Thane Baker

Personal information
- Full name: Walter Thane Baker
- Born: October 4, 1931 (age 94) Elkhart, Kansas, U.S.

Medal record
Men's athletics
Representing the United States
Olympic Games
| Gold medal – first place | 1956 Melbourne | 4 × 100 m relay |
| Silver medal – second place | 1952 Helsinki | 200 metres |
| Silver medal – second place | 1956 Melbourne | 100 metres |
| Bronze medal – third place | 1956 Melbourne | 200 metres |

= Thane Baker =

American sprinter (born 1931)

Walter Thane Baker (born October 4, 1931) is an American former sprinter and winner of the gold medal in the 4 × 100 m relay at the 1956 Summer Olympics in Melbourne, Australia, with a new world record of 39.5 seconds. At those Olympics, Baker also won a silver medal in the 100-meter and a bronze in the 200-meter. At the 1952 Summer Olympics in Helsinki, he won a silver medal in the 200-meter.

==Biography==
Baker was born in Elkhart, Kansas. In 1953, as a Kansas State University student, Baker won the NCAA championship in the 220 yd, and in 1956 he won the AAU championships in 200 m. Baker also won numerous conference titles at Kansas State, and was a four-time All American.

Before the Melbourne Olympics, Baker equaled Jesse Owens's long-standing 100 m world record time of 10.2 seconds, and also twice equaled the 200 m world record of 20.6. He tied the world record in the 100 yd in 9.3 seconds, twice tied the world record in 60 yd indoor events at 6.1 seconds, and set the world record in the 300 yd at 29.4 seconds. He co-held several world records in relays.

After turning forty, Baker participated in the Masters Track and Field program and held numerous world records in the 100 yd, 100 m, 220 y, 200 m, and several relays in the age groups categories of 40–44, 45–49, and 50–54 years of age. Baker is enshrined in the USATF Masters Hall of Fame and the Kansas Sports Hall of Fame. He is also in the Kansas State University Sports Hall of Fame and the Kansas State High School Activities Hall of Fame. In 1978, he was named a "Silver Athletics Top Ten" for personal achievement.

Baker began as a track meet "starter" in 1959 and has started NCAA National Championships and National Federation Championships.
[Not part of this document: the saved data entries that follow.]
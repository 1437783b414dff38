-- ===== src/TestCommand/Rights.antt =====
-- `addTestUserRights` of testcmd/user.go.
use damon.Prelude.{
  ℕ, suc, length, ◌*◌, ◌%◌, ◌^◌, ◌+◌, ◌≡◌, ◌↔◌, refl, ap, All, ==_iff, Bool-cases, inl, inr, Bool,
  true, false, ◌||◌, Option, some, List, [], ◌∷◌, arith, ◌==◌, ◌&&◌, if◌then◌else◌, Result, ok, err,
}
use damon.Process.{Outcome, done, panic}
use damon.Lsa.{LsaString, to_lsa_strings, lsa_add_account_rights}

-- A text by its units.
abbrev pub eq_text : List ℕ → List ℕ → Bool
eq_text [] [] = true
eq_text [] (b ∷ bs) = false
eq_text (a ∷ s) [] = false
eq_text (a ∷ s) (b ∷ bs) = a == b && eq_text s bs

abbrev pub has : List ℕ → List (List ℕ) → Bool
has r [] = false
has r (s ∷ ss) = eq_text r s || has r ss

-- `addPrivs`, with the keys of `privMap`.
unfoldable pub missing : List (List ℕ) → List (List ℕ) → List (List ℕ)
missing present [] = []
missing present (r ∷ rights) =
    let known = missing present rights in
    let added = missing (r ∷ present) rights in if has r present then known else r ∷ added

-- The answers of `LookupAccountSID` and `EnumerateAccountRights`, and `AddAccountRights`; an error by
-- its number.
unfoldable pub add_test_user_rights :
    Result ℕ ℕ
    → (ℕ → Result ℕ (List (List ℕ)))
    → (ℕ → List (List ℕ) → Outcome (Option ℕ))
    → List (List ℕ)
    → Outcome (Option ℕ)
unfolding missing
add_test_user_rights lookup enumerate add rights = elim lookup [
  | err e ↦ done (some e)
  | ok sid ↦ (elim (enumerate sid) [
    | err e ↦ done (some e)
    | ok present ↦ add sid (missing present rights)
  ])
]

eq_text_sound : (a b : List ℕ) → eq_text a b ≡ true → a ≡ b
eq_text_sound [] [] h = refl
eq_text_sound [] (y ∷ b) h = absurd (ground arith)
eq_text_sound (x ∷ a) [] h = absurd (ground arith)
eq_text_sound (x ∷ a) (y ∷ b) h =
    let e : x ≡ y = ground (arith, ==_iff x y) in
    let d : a ≡ b = eq_text_sound a b (ground arith) in λ i. e i ∷ d i

has-eq :
    (r x : List ℕ) (present : List (List ℕ)) → eq_text r x ≡ true → has r present ≡ has x present
has-eq r x present h = ap (λ (t : List ℕ). has t present) (eq_text_sound r x h)

-- How often a right is asked for.
abbrev pub times : List ℕ → List (List ℕ) → ℕ
times r [] = 0
times r (s ∷ ss) = (if eq_text r s then 1 else 0) + times r ss

-- Each right that is wanted and not there is asked for exactly once, and no other.
pub missing-times :
    (present rights : List (List ℕ)) (r : List ℕ)
    → times r (missing present rights)
      ≡ (if has r present then 0 else if has r rights then 1 else 0)
unfolding missing
missing-times present [] r = ground arith
missing-times present (x ∷ rights) r = elim (Bool-cases (eq_text r x)) [
  | inl e ↦ (elim (Bool-cases (has x present)) [
    | inl h ↦ ground (arith, missing-times present rights r, has-eq r x present e)
    | inr h ↦ ground (arith, missing-times (x ∷ present) rights r, has-eq r x present e)
  ])
  | inr n ↦ (elim (Bool-cases (has x present)) [
    | inl h ↦ ground (arith, missing-times present rights r)
    | inr h ↦ ground (arith, missing-times (x ∷ present) rights r)
  ])
]

missing-All :
    (P : List ℕ → Type 0) (present rights : List (List ℕ))
    → All P rights
    → All P (missing present rights)
unfolding missing
missing-All P present [] h = tt
missing-All P present (r ∷ rights) (p, h) = elim (Bool-cases (has r present)) [
  | inl e ↦ rw (missing, e) (missing-All P present rights h)
  | inr e ↦ rw (missing, e) (p, missing-All P (r ∷ present) rights h)
]

missing-nil :
    (present rights : List (List ℕ))
    → (missing present rights ≡ []) ↔ All (λ r. has r present ≡ true) rights
unfolding missing
missing-nil present [] = (λ h. tt, λ h. refl)
missing-nil present (r ∷ rights) = ground (arith, missing-nil present rights)

-- The policy is asked for nothing by an empty list, which panics.
module _ (encode : List ℕ → Option (List ℕ)) (decode : List ℕ → List ℕ) where
  abbrev pub IsEncodable : List ℕ → Type 0
  IsEncodable s = (u : ℕ) × (us : List ℕ) × (encode s ≡ some (u ∷ us))

  lsa_strings-done :
      (rights : List (List ℕ))
      → All IsEncodable rights
      → (ls : List LsaString) × (to_lsa_strings encode decode rights ≡ done ls)
  unfolding to_lsa_strings
  lsa_strings-done [] h = ([], refl)
  lsa_strings-done (r ∷ rights) ((u, us, e), h) =
      let (ls, d) = lsa_strings-done rights h in
      (
        record {
          byte_length = (length us * 2) % 2 ^ 16;
          maximum_length = (suc (length us) * 2) % 2 ^ 16;
          buffer = u ∷ us;
        }
            ∷ ls,
        ground (arith, e, d),
      )

  add-panic :
      (call : List LsaString → Option ℕ) (rights : List (List ℕ))
      → All IsEncodable rights
      → (lsa_add_account_rights encode decode call rights ≡ panic) ↔ (rights ≡ [])
  unfolding lsa_add_account_rights
  add-panic call [] h = (λ e. refl, λ e. refl)
  add-panic call (r ∷ rights) ((u, us, e), h) =
      let (ls, d) = lsa_strings-done rights h in ground (arith, e, d)

  -- For an account that is found and whose rights are read, with rights that can be encoded, the command
  -- panics exactly when the account has every right that it is to be given already.
  pub add_test_user_rights-panic :
      (sid : ℕ) (present rights : List (List ℕ)) (call : List LsaString → Option ℕ)
      → All IsEncodable rights
      → (add_test_user_rights
            (ok sid)
            (λ s. ok present)
            (λ s rs. lsa_add_account_rights encode decode call rs)
            rights
          ≡ panic)
        ↔ All (λ r. has r present ≡ true) rights
  unfolding add_test_user_rights
  add_test_user_rights-panic sid present rights call h =
      let p = add-panic call (missing present rights) (missing-All IsEncodable present rights h) in
      let n = missing-nil present rights in (λ e. n.0 (p.0 e), λ a. p.1 (n.1 a))
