-- ===== src/Tests.antt =====
-- Runs of the models at concrete inputs.
mod Data
mod Starts
mod Settings
mod Tables
mod Jobs
mod Reports
mod Processes
mod Texts
mod Measures
mod Mains
mod Rights
mod Handling
mod Accounts
mod Layouts
mod Journals
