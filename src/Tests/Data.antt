-- ===== src/Tests/Data.antt =====
-- Inputs that the tests share: a host, a configuration, an arithmetic and the answers of a kernel.
use damon.Prelude.{
  ℕ, ◌*◌, ◌/◌, ◌^◌, String, ◌<>◌, ◌=s◌, true, false, Option, none, some, Result, ok, if◌then◌else◌,
}
use damon.Prelude.Int.{ℤ, pos}
use damon.Host.{Host}
use damon.Config.{Config}
use damon.Job.Kernel.{Handle, Payload, CallResult}
use damon.Container.Start.{Answers}
use damon.Job.CpuRate
use damon.Metrics.Collector

abbrev environment : String → String → String → String
environment cpu mem s =
    if s =s "NOMAD_CPU_LIMIT" then cpu else if s =s "NOMAD_MEMORY_LIMIT" then mem else ""

abbrev integers : String → Option ℤ
integers s =
    if s =s "500"
    then some (pos 500)
    else if s =s "50"
    then some (pos 50)
    else if s =s "256"
    then some (pos 256)
    else none

abbrev same : String → String
same s = s

abbrev slashed : String → String → String
slashed a b = a <> ("/" <> b)

-- The host with these limits in Nomad's variables.
abbrev pub host : String → String → Host
host cpu mem = record {
  getenv = environment cpu mem;
  parse_int = integers;
  to_lower = same;
  to_upper = same;
  trim_space = same;
  join = slashed;
  getwd = some "/task";
}

-- Fixed-point numbers.
abbrev pub scale : ℕ
scale = 2 ^ 20

abbrev scaled_of : ℕ → ℕ
scaled_of n = n * scale

abbrev scaled_div : ℕ → ℕ → ℕ
scaled_div a b = a * scale / b

abbrev scaled_mul : ℕ → ℕ → ℕ
scaled_mul a b = a * b / scale

abbrev whole : ℕ → ℕ
whole a = a / scale

abbrev pub fixed : damon.Job.CpuRate.Float
fixed = record { F = ℕ; of_ℕ = scaled_of; div = scaled_div; mul = scaled_mul; to_uint = whole }

abbrev nano : ℕ → ℕ
nano n = n * scale / 1000000000

abbrev pub fixed_metrics : damon.Metrics.Collector.Float
fixed_metrics = record {
  F = ℕ;
  of_uint64 = scaled_of;
  of_int64 = scaled_of;
  seconds = nano;
  million = 1000000 * scale;
  div = scaled_div;
  mul = scaled_mul;
  to_uint64 = whole;
}

abbrev pub config : Config
config = record {
  enforce_cpu = true;
  enforce_memory = true;
  restricted_token = true;
  memory_mb_limit = pos 256;
  cpu_mhz_limit = pos 500;
  cpu_hard_cap = false;
}

abbrev accepted : Handle → Payload → CallResult
accepted h p = record { ret = 1; errno = 0 }

abbrev restricted_to : ℕ → Result ℕ ℕ
restricted_to t = ok 8

abbrev pub answers : Answers
answers = record {
  job = none;
  current_token = ok 7;
  restricted = restricted_to;
  started = ok 4242;
  opened = none;
  assigned = none;
  set_information = accepted;
  resumed = none;
}

-- Ticks of the whole machine.
abbrev pub ticks : ℕ
ticks = 8000 * scale
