column_derived :
    (id : Bytes) → Derives {F = ℕ} (level equality) (Token.identifier id ∷ []) (column id)
column_derived id =
    let ts : List Token = Token.identifier id ∷ [] in
    let e : Expr ℕ = column id in
    level_rule equality ts [] e e
      (level_rule comparison ts [] e e
        (level_rule concatenation ts [] e e (plain_rule ts e (name_rule id))
          (end_rule concatenation e))
        (end_rule comparison e))
      (end_rule equality e)

select-Items :
    Items {F = ℕ}
      (expr_column (column (codes "a")) (some (codes "c")) ∷ all_columns ∷ [])
      select_columns
select-Items =
    more_items (expr_column (column (codes "a")) (some (codes "c"))) (all_columns ∷ [])
      (Token.identifier (codes "a") ∷ Token.identifier (codes "c") ∷ []) (Token.asterisk ∷ [])
      (expr_rule (Token.identifier (codes "a")) [] (Token.identifier (codes "c") ∷ [])
        (column (codes "a")) (some (codes "c")) (column_derived (codes "a"))
        (alias_rule (codes "c")))
      (last_item all_columns (Token.asterisk ∷ []) all_rule)

semicolon-EndsSelect : EndsSelect (some Token.semicolon)
unfolding is_token
semicolon-EndsSelect = (semicolon-Ends, refl)

parse_select-tokens_example :
    Reads
      (parse_select naturals 20 select_start)
      (record {
        selected_table = codes "t";
        result_columns = expr_column (column (codes "a")) (some (codes "c")) ∷ all_columns ∷ [];
        filter = some (column (codes "b"));
      })
      (Token.semicolon ∷ [])
parse_select-tokens_example =
    parse_select-tokens naturals
      (expr_column (column (codes "a")) (some (codes "c")) ∷ all_columns ∷ []) (codes "t")
      (some (column (codes "b"))) select_columns select_where (Token.semicolon ∷ []) 20 select_start
      select-Items
      (where_rule (Token.identifier (codes "b") ∷ []) (column (codes "b"))
        (column_derived (codes "b")))
      semicolon-EndsSelect (omega arith) select-Yields
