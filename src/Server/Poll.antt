-- ===== src/Server/Poll.antt =====
-- poll.go: `NewServer`, `PollOnce` and what reads their result.
use star_car.Prelude.{
  ℕ, ◌+◌, ◌%◌, ◌^◌, Bool, true, false, String, Option, none, some, ◌>>=◌, [], ◌==◌, Result, ok, err,
  or_fail, if◌then◌else◌,
}
use Prim.Native.String
use star_car.Platform.{Platform}
use star_car.Time.Parse.{Time}
use star_car.Time.Format.{format_rfc3339}
use star_car.Fold.Record.{Vocab}
use star_car.Fold.Loaders.{Files, load_vocab, load_default_budget}
use star_car.Store.Types.{BoardCondition, Adapter, Schema, Disk, ScanResult}
use star_car.Store.Scan.{new_adapter, scan}
use star_car.Assemble.Build.{needs_attention}
use star_car.Prelude.Int.{pos}
use star_car.Assemble.BoardDefs.{no_vocabularies}
use star_car.Server.Config.{Config}
use star_car.Server.Display.{PathTools}
use star_car.Server.Snapshot.{Snapshot}
use star_car.Server.Lanes.{Server, PollInput, not_polled, scan_failed, scan_done}
use star_car.Server.Build.{Host, build_snapshot}
use star_car.Server.Strip.{must_marshal_stripped}

-- `n++` of an int of 64 bits, read without its sign.
unfoldable pub increment : ℕ → ℕ
increment n = (n + 1) % 2 ^ 64

module _ ⦃p : Platform⦄ where
  unfoldable pub input_of : Result ScanResult → PollInput
  input_of (ok result) = scan_done result
  input_of (err e) = scan_failed e

  -- The branches on whether the candidate is what stands already.
  unfoldable pub settle : Host → Time → Snapshot → Server → Bool → (Snapshot × Bool) × Server
  unfolding must_marshal_stripped increment
  settle host now candidate s true =
      ((s.last_snapshot, false), record s { last_poll_at = some now })
  settle host now candidate s false =
      let snap = record candidate { seq = increment s.seq; as_of = some (format_rfc3339 now) } in
      (
        (snap, true),
        record s {
          last_poll_at = some now;
          seq = increment s.seq;
          last_snapshot = snap;
          last_compare = must_marshal_stripped host snap;
        },
      )

  -- The rest of a poll under the mutex: the candidate against the last comparison basis.
  unfoldable pub compare_and_set : Host → Time → Snapshot → Server → (Snapshot × Bool) × Server
  unfolding settle must_marshal_stripped
  compare_and_set host now candidate s =
      settle host now candidate s (must_marshal_stripped host candidate == s.last_compare)

  -- `PollOnce`; `none` is a panic.
  unfoldable pub poll_once : Host → Disk → Server → Time → Option ((Snapshot × Bool) × Server)
  unfolding input_of build_snapshot compare_and_set
  poll_once host disk s now = do
    (candidate, built) ←
        build_snapshot host s (input_of (scan s.adapter disk s.cfg.store_path now)) now
    some (compare_and_set host now candidate built)

  abbrev pub current_snapshot : Server → Snapshot
  current_snapshot s = s.last_snapshot

  abbrev empty_snapshot : Snapshot
  empty_snapshot = record {
    seq = 0;
    as_of = none;
    config = record {
      poll_ms = pos 0;
      heartbeat_ms = pos 0;
      staleness_ms = pos 0;
      store_path_display = "";
      lane_count = 0;
      demo_mode = false;
    };
    vocabularies = no_vocabularies;
    board = [];
    lanes = [];
  }

  unfoldable pub vocab_or_empty : Result Vocab → Vocab
  vocab_or_empty (ok vocab) = vocab
  vocab_or_empty (err e) = record { kinds = []; outcomes = [] }

  unfoldable pub failure : {A : Type 0} → String → String → Result A → Option BoardCondition
  failure code prefix (ok a) = none
  failure code prefix (err e) = some (needs_attention code (String.◌++◌ prefix e))

  -- The budget is read only where a path is set.
  unfoldable pub budget_result : Files → String → Option (Result p.Float)
  unfolding load_default_budget
  budget_result files path = if path == "" then none else some (load_default_budget files path)

  unfoldable pub budget_value : Option (Result p.Float) → Option p.Float
  budget_value (some (ok budget)) = some budget
  budget_value _ = none

  unfoldable pub budget_failure : Option (Result p.Float) → Option BoardCondition
  unfolding failure
  budget_failure none = none
  budget_failure (some r) =
      failure "shop-default-budget-unreadable" "could not load the shop-default dispatch budget: " r

  -- The server before its first snapshot.
  unfoldable pub start_server : PathTools → Files → Config → Adapter → Server
  unfolding load_vocab vocab_or_empty failure budget_result budget_value budget_failure
  start_server t files cfg adapter =
      let dir = if cfg.schema_dir == "" then "" else t.join_path cfg.schema_dir "vocab" in
      let vocab = load_vocab files t.join_path dir in
      let budget = budget_result files cfg.defaults_path in
      record {
        cfg = cfg;
        adapter = adapter;
        seq = 0;
        last_snapshot = empty_snapshot;
        last_compare = "";
        last_poll_at = none;
        last_good_as_of = none;
        last_good_lane_data = [];
        vocab = vocab_or_empty vocab;
        vocab_load_condition =
            failure "recognition-vocabulary-unreadable"
              "could not load the kind/outcome recognition vocabulary: " vocab;
        default_budget = budget_value budget;
        default_budget_condition = budget_failure budget;
      }

  -- The first snapshot, which the clock has no part in.
  unfoldable pub first_snapshot : Host → Server → Option Server
  unfolding build_snapshot must_marshal_stripped
  first_snapshot host s = do
    (snap, built) ← build_snapshot host s not_polled 0
    some (record built { last_snapshot = snap; last_compare = must_marshal_stripped host snap })

  -- `NewServer`; the inner `none` is a panic.
  unfoldable pub new_server :
      Host → Files → (String → String → Result Schema) → Config → Result (Option Server)
  unfolding new_adapter start_server first_snapshot
  new_server host files compile cfg =
      or_fail (new_adapter compile cfg.schema_dir) (λ e. e)
        λ adapter. ok (first_snapshot host (start_server host.tools files cfg adapter))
The year 2010 was his forty-fourth year of serving at the Texas Relays. He was selected "Outstanding Official" by the Texas Relays Committee in 2010 and inducted into the Texas Track and Field Coaches Hall of Fame, Class of 2011. He also has the track named after him in his home town of Elkhart, Kansas.

Baker retired in 1983 as a colonel from the United States Air Force after serving thirty years of active and reserve status. Additionally, in 1992, he retired from Mobil Research and Development after thirty-nine years of employment. His civic involvement included serving as president of a Rotary Club chapter, a member of the Cotton Bowl Athletic Association board of directors, the United States Olympians board of directors, and volunteered on other boards and associations.

Thane Baker's daughter, Catherine Baker Nicholson JD, wrote a book about his first Olympics called Running in Borrowed Shoes: Thane Baker and the 1952 Summer Games, which Texas Christian University Press published in Summer 2024 . Because he did not expect to make the 1952 Olympic team, Baker competed in the Men's 200 meters and won a silver medal wearing borrowed socks and borrowed shoes.

BYUtv produced a video about Thane Baker's experiences in 2024.

Baker is the oldest living United States Olympic medalist in track, and ranks third in the world in the same category.